Despite all the effort, Geoff couldn't stop the incoming arguments.

Our drama queen Heather decided to reveal his little secret, and like always managed to succeed.


-I need to talk with him.- I tell Gwen.

-Are you sure? You don't owe him anything, he's the one who should put more effort to solve this.

-I need to hear what he has to say.- I say with a brave face.- He's not slipping away without explanation. We both know he's capable of leaving me hanging.

-Give him a lesson. I swear when I get him alone... Eh, never mind. I'll be drawing on the pier if you need me.

-Thanks, Gwen.- I hug her tightly.

I stand up and head off to find Geoff. I find him sitting near the cabins, looking at the night sky. He smiles sadly at me when he notices my presence. I can tell he was stressed. It was the first time he looked like that, and it was because of me.

-This would make a good photo.-I sigh.

-What, me sitting on a bench?

-It's the way you're framed by the nighttime. It's a good look. Your eyes are shining, and your hair dance with the chilly breeze.

-And after all of this, you're still able to say something so stunning.

-I came to talk.- I state.

-I knew we'd have to get into it pretty soon, so I wanted to make sure I knew what to say.- He glances at the moon.- Tell me the truth... What did you think when you saw that? Were you expecting it?

-Why would I be expecting it?

-Just because, I kinda thought after this whole drama you wouldn't be surprised. And you seemed to kick it off with Duncan again.
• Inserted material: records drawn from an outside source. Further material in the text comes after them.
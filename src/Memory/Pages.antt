-- ===== src/Memory/Pages.antt =====
-- Pagination: a client that asks for page after page as long as the limit is reached.
use knx_telegram_store.Prelude.{
  ℕ, zero, suc, ◌+◌, ◌-◌, ◌≤◌, ◌<◌, Bool, List, ◌++◌, Option, none, some, arith, ◌≡◌, refl, sym, ap,
  ◌∙◌, length, take, drop, ltb, if◌then◌else◌, Bool-cases, inl, inr, take-append-drop, drop-drop,
  take_all, length-drop, ltb→lt, ltb→le,
}
use mathlib.Core.Path.{ap₂}
use knx_telegram_store.Prelude.Int.{ℤ, pos, ◌+ℤ◌, ltb_ℤ}
use knx_telegram_store.Prelude.Slices.{slice}
use knx_telegram_store.Exceptions.{Result, ok, raise}
use knx_telegram_store.Model.{StoredTelegram}
use knx_telegram_store.Query.{TelegramQuery, TelegramQueryResult}
use knx_telegram_store.Memory.{MemoryStore, query, paginate}
use knx_telegram_store.Memory.Select.{select, apply_filters, expand_context}

-- The same query for another page.
abbrev pub at_page : TelegramQuery → ℕ → ℕ → TelegramQuery
at_page q start n = record q { offset = pos start; limit = pos n }

abbrev join : List StoredTelegram → Option (List StoredTelegram) → Option (List StoredTelegram)
join page none = none
join page (some more) = some (page ++ more)

abbrev after_page :
    Result TelegramQueryResult → Option (List StoredTelegram) → Option (List StoredTelegram)
after_page (raise e) rest = none
after_page (ok r) rest = if r.limit_reached then join r.telegrams rest else some r.telegrams

-- Every page but the first is asked for at the offset behind the page before; `none` if the fuel
-- runs out or a query raises.
unfoldable pub all_pages : ℕ → MemoryStore → TelegramQuery → ℕ → ℕ → Option (List StoredTelegram)
all_pages zero s q start n = none
all_pages (suc fuel) s q start n =
    let rest = all_pages fuel s q (start + n) n in after_page (query s (at_page q start n)) rest

pub pos_add : (a b : ℕ) → pos a +ℤ pos b ≡ pos (a + b)
pos_add a b = ground arith

ltb_ℤ_pos : (a b : ℕ) → ltb_ℤ (pos a) (pos b) ≡ ltb a b
ltb_ℤ_pos a b = ground arith

pub paginate-page :
    (q : TelegramQuery) (start n : ℕ) (xs : List StoredTelegram)
    → paginate (at_page q start n) xs ≡ record {
      telegrams = take n (drop start xs);
      total_count = length xs;
      limit_reached = ltb (start + n) (length xs);
    }
unfolding paginate slice
paginate-page q start n xs =
    let width : start + n - start ≡ n = omega arith in
    ap (λ (end : ℤ). result end) (pos_add start n)
    ∙ ap₂ (λ (k : ℕ) (b : Bool). page k b) width (ltb_ℤ_pos (start + n) (length xs))
  where
    result : ℤ → TelegramQueryResult
    result end = record {
      telegrams = slice (pos start) end xs;
      total_count = length xs;
      limit_reached = ltb_ℤ end (pos (length xs));
    }

    page : ℕ → Bool → TelegramQueryResult
    page k reached = record {
      telegrams = take k (drop start xs);
      total_count = length xs;
      limit_reached = reached;
    }

pub query-page :
    (s : MemoryStore) (q : TelegramQuery) (results : List StoredTelegram) (start n : ℕ)
    → select s.telegrams q ≡ ok results
    → query s (at_page q start n) ≡ ok (paginate (at_page q start n) results)
unfolding query select apply_filters expand_context
query-page s q results start n e = rw e refl

pub more-take-drop :
    (start n : ℕ) (xs : List StoredTelegram)
    → take n (drop start xs) ++ drop (start + n) xs ≡ drop start xs
more-take-drop start n xs =
    ap (λ rest. take n (drop start xs) ++ rest) (sym (drop-drop n start xs))
    ∙ take-append-drop n (drop start xs)

pub last_page :
    (start n : ℕ) (xs : List StoredTelegram)
    → length xs ≤ start + n
    → take n (drop start xs) ≡ drop start xs
last_page start n xs h = take_all n (drop start xs) (omega (arith, length-drop start xs))

-- If the query selects `results`, then page after page of a positive limit gives all of them, each
-- once and in order; one page more than there are telegrams is fuel enough.
pub all_pages-select :
    (s : MemoryStore) (q : TelegramQuery) (results : List StoredTelegram) (n : ℕ)
    → select s.telegrams q ≡ ok results
    → 0 < n
    → (fuel start : ℕ) → length results - start < fuel
    → all_pages fuel s q start n ≡ some (drop start results)
unfolding all_pages
all_pages-select s q results n e h zero start few = absurd (omega arith)
all_pages-select s q results n e h (suc fuel) start few =
    let rest = all_pages fuel s q (start + n) n in
    let here = query-page s q results start n e ∙ ap ok (paginate-page q start n results) in
    ap (λ r. after_page r rest) here ∙ elim (Bool-cases (ltb (start + n) (length results))) [
      | inl reached ↦
          let below = ltb→lt _ _ reached in
          let later = all_pages-select s q results n e h fuel (start + n) (omega arith) in
          rw reached (
            ap (join (take n (drop start results))) later
            ∙ ap some (more-take-drop start n results))
      | inr done ↦ rw done (ap some (last_page start n results (ltb→le _ _ done)))
    ]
-I have nothing to hide, but I knew. Bridgette told me about the kiss. Gwen and Heather gave me the letters. DJ heard your chat in the restroom. I knew everything Geoff, but I hoped that you'll tell me this yourself. I thought that what people do in relationships, is trust each other. I thought you care about me more than about how others will react and what will happen. I thought you loved me enough to say this aloud, turns out I was wrong.
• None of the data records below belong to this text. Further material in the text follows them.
-- ===== src/Mcp/Types.antt =====
-- src/knx_telegram_store/mcp/types.py: what the tools take and return.
use knx_telegram_store.Prelude.{ℕ, Bool, String, List, [], Option, none, true}
use knx_telegram_store.Prelude.Int.{ℤ, pos}
use knx_telegram_store.Model.{Value, Float}

pub record QueryTelegramsInput : Type 0 where
  pub start_time : Option String
  pub end_time : Option String
  pub sources : List String
  pub destinations : List String
  pub telegram_types : List String
  pub directions : List String
  pub dpt_mains : List ℕ
  pub dpts : List String
  pub delta_before_ms : ℤ
  pub delta_after_ms : ℤ
  pub limit : ℤ
  pub offset : ℤ
  pub order_descending : Bool

-- `QueryTelegramsInput()`
abbrev pub default_input : QueryTelegramsInput
default_input = record {
  start_time = none;
  end_time = none;
  sources = [];
  destinations = [];
  telegram_types = [];
  directions = [];
  dpt_mains = [];
  dpts = [];
  delta_before_ms = pos 0;
  delta_after_ms = pos 0;
  limit = pos 100;
  offset = pos 0;
  order_descending = true;
}

pub record LastValuesInput : Type 0 where
  pub destinations : List String

-- `dpt` is a text by its code points.
pub record TelegramSummary : Type 0 where
  pub timestamp : String
  pub source : String
  pub destination : String
  pub telegramtype : String
  pub direction : String
  pub dpt : Option (List ℕ)
  pub value : Value
  pub value_numeric : Option Float
  pub raw_data : Option String
  pub source_name : String
  pub destination_name : String

pub record QueryTelegramsResult : Type 0 where
  pub telegrams : List TelegramSummary
  pub total_count : ℕ
  pub offset : ℤ
  pub next_offset : Option ℤ
  pub limit_reached : Bool

pub record StoreStatsResult : Type 0 where
  pub telegram_count : ℕ
  pub oldest_timestamp : Option String
  pub newest_timestamp : Option String
  pub size_bytes : Option ℕ
  pub backend : String
  pub retention_days : Option ℕ

pub record StoreCapabilitiesResult : Type 0 where
  pub supports_time_range : Bool
  pub supports_time_delta : Bool
  pub supports_pagination : Bool
  pub supports_count : Bool
  pub supports_size_stats : Bool
  pub supports_optimize : Bool
  pub read_only : Bool
  pub max_storage : Option ℕ

pub record CountResult : Type 0 where
  pub count : ℕ
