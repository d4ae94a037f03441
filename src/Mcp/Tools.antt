-- ===== src/Mcp/Tools.antt =====
-- src/knx_telegram_store/mcp/tools.py: the tools over any store. A store is what its read methods
-- answer at the moment of the call.
use Prim.Native.Char.{code}
use Prim.Native.String
use knx_telegram_store.Prelude.{
  ℕ, not, ◌&&◌, String, List, [], ◌∷◌, map, Option, none, some, ◌==◌, nat_eq, string_eq,
  if◌then◌else◌, is_nonempty, contains,
}
use knx_telegram_store.Prelude.Int.{pos, ltb_ℤ, leb_ℤ, ◌+ℤ◌}
use knx_telegram_store.Prelude.Keep.{keep}
use knx_telegram_store.Exceptions.{Result, ok, raise_new, value_error, ◌>>=◌}
use knx_telegram_store.Model.{Time, TimeBound, StoredTelegram}
use knx_telegram_store.Query.{TelegramQuery, TelegramQueryResult}
use knx_telegram_store.Store.{StoreCapabilities, StoreStats}
use knx_telegram_store.Mcp.Types.{
  QueryTelegramsInput, LastValuesInput, TelegramSummary, QueryTelegramsResult, StoreStatsResult,
  StoreCapabilitiesResult, CountResult,
}
use knx_telegram_store.Mcp.Text.{codes, normalize_type, parse_dpt, format_dpt}

-- What the tools call of a store.
pub record StoreView : Type 0 where
  pub query : TelegramQuery → Result TelegramQueryResult
  pub get_last_unique_telegrams : Result (List StoredTelegram)
  pub get_stats : Result StoreStats
  pub capabilities : StoreCapabilities
  pub count : Result ℕ

-- Python's own conversions: `datetime.fromisoformat`, `none` for its ValueError, `isoformat`, and
-- the decimal digit of a character. A text with an offset is an aware datetime, one without is naive.
pub record Conversions : Type 0 where
  pub fromisoformat : String → Option TimeBound
  pub isoformat : Time → String
  pub digit : ℕ → Option ℕ

abbrev pub max_query_limit : ℕ
max_query_limit = 1000

-- `_validate_pagination`
unfoldable pub validate_pagination : QueryTelegramsInput → Result (Unit {0})
validate_pagination input =
    if not (leb_ℤ (pos 1) input.limit && leb_ℤ input.limit (pos max_query_limit))
    then raise_new value_error
    else if ltb_ℤ input.offset (pos 0)
    then raise_new value_error
    else ok tt

-- `value.replace("Z", "+00:00")`
unfoldable pub replace_z : String → String
replace_z String.[] = ""
replace_z (String.◌∷◌ c s) =
    let rest = replace_z s in
    if code c == b'Z' then String.◌++◌ "+00:00" rest else String.◌∷◌ c rest

-- The first exception of a list comprehension ends it.
unfoldable pub map_result : {A B : Type 0} → (A → Result B) → List A → Result (List B)
map_result f [] = ok []
map_result f (a ∷ rest) = do b ← f a; bs ← map_result f rest; ok (b ∷ bs)

module _ (py : Conversions) where
  -- `_parse_dt`
  unfoldable pub parse_dt : Option String → Result (Option TimeBound)
  unfolding replace_z
  parse_dt none = ok none
  parse_dt (some value) = elim (py.fromisoformat (replace_z value)) [
    | none ↦ raise_new value_error
    | some t ↦ ok (some t)
  ]

  -- `_iso_opt`
  abbrev pub iso_opt : Option Time → Option String
  iso_opt none = none
  iso_opt (some t) = some (py.isoformat t)

  -- `_summarize`
  unfoldable pub summarize : StoredTelegram → TelegramSummary
  unfolding format_dpt
  summarize t = record {
    timestamp = py.isoformat t.timestamp;
    source = t.source;
    destination = t.destination;
    telegramtype = t.telegramtype;
    direction = t.direction;
    dpt = format_dpt t.dpt_main t.dpt_sub;
    value = t.value;
    value_numeric = t.value_numeric;
    raw_data = t.raw_data;
    source_name = t.source_name;
    destination_name = t.destination_name;
  }

  -- The `TelegramQuery(...)` of `query_telegrams`.
  unfoldable pub to_query : QueryTelegramsInput → Result TelegramQuery
  unfolding parse_dt parse_dpt normalize_type map_result
  to_query input = do
    dpts ← map_result (λ d. parse_dpt py.digit (codes d)) input.dpts
    start_time ← parse_dt input.start_time
    end_time ← parse_dt input.end_time
    ok (record {
      sources = input.sources;
      destinations = input.destinations;
      telegram_types = map normalize_type input.telegram_types;
      directions = input.directions;
      dpt_mains = input.dpt_mains;
      dpts = dpts;
      start_time = start_time;
      end_time = end_time;
      delta_before_ms = input.delta_before_ms;
      delta_after_ms = input.delta_after_ms;
      limit = input.limit;
      offset = input.offset;
      order_descending = input.order_descending;
    })

  -- The answer of `query_telegrams`, from that of the store.
  abbrev pub answer : QueryTelegramsInput → TelegramQueryResult → QueryTelegramsResult
  answer input result = record {
    telegrams = map summarize result.telegrams;
    total_count = result.total_count;
    offset = input.offset;
    next_offset = if result.limit_reached then some (input.offset +ℤ input.limit) else none;
    limit_reached = result.limit_reached;
  }

  unfoldable pub query_telegrams : StoreView → QueryTelegramsInput → Result QueryTelegramsResult
  unfolding validate_pagination to_query summarize
  query_telegrams store input = do
    checked ← validate_pagination input
    query ← to_query input
    result ← store.query query
    ok (answer input result)

  -- `[t for t in telegrams if t.destination in wanted]`, if any destinations are given.
  abbrev pub of_destinations : LastValuesInput → List StoredTelegram → List StoredTelegram
  of_destinations input telegrams =
      if is_nonempty input.destinations
      then keep (λ t. contains input.destinations t.destination) telegrams
      else telegrams

  unfoldable pub get_last_values : StoreView → LastValuesInput → Result (List TelegramSummary)
  unfolding summarize
  get_last_values store input = do
    telegrams ← store.get_last_unique_telegrams
    ok (map summarize (of_destinations input telegrams))

  unfoldable pub get_store_stats : StoreView → Result StoreStatsResult
  get_store_stats store = do
    stats ← store.get_stats
    ok (record {
      telegram_count = stats.telegram_count;
      oldest_timestamp = iso_opt stats.oldest_timestamp;
      newest_timestamp = iso_opt stats.newest_timestamp;
      size_bytes = stats.size_bytes;
      backend = stats.backend;
      retention_days = stats.retention_days;
    })

unfoldable pub get_store_capabilities : StoreView → StoreCapabilitiesResult
get_store_capabilities store =
    let caps = store.capabilities in
    record {
      supports_time_range = caps.supports_time_range;
      supports_time_delta = caps.supports_time_delta;
      supports_pagination = caps.supports_pagination;
      supports_count = caps.supports_count;
      supports_size_stats = caps.supports_size_stats;
      supports_optimize = caps.supports_optimize;
      read_only = caps.read_only;
      max_storage = caps.max_storage;
    }

unfoldable pub count_telegrams : StoreView → Result CountResult
count_telegrams store = do n ← store.count; ok (record { count = n })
-I care Alexandra. I do. I wasn't accusing you about Duncan. I was just jealous. And you saw that I wasn't the one to start the kiss, but at that very moment in my mind I was sure, I was more into us than you. I misjudged the situation, and I'm sorry.

-Sorry is not enough. You don't trust me. That's why you thought, I don't care. I care, Geoff! How could you think so low of me? I gave you all I could, and you behaved like it was nothing.

-I know it looks like that, but that's not what I was thinking.

-Do you regret it?- I question.

-Yes.

-Would you let it happen again?

-Probably.- He hesitates.- I don't know what to say.

-It's ok. I know what we are, and I know what we're not. In your hesitation, I found my answer. After all, promises are just words, and you're a liar. I don't tolerate liars. I'm nice, not stupid.

-I'm sorry.

-I'm not upset you cheated. I'm upset cause from now on I can't trust you again and without the trust we have nothing. I don't hate you, tho. I'm just disappointed you turned into everything you said you'd never be. I think that whatever is between us needs to end. I think we should stop seeing each other. I don't wanna know where you are or what you do. I don't want to think about you anymore.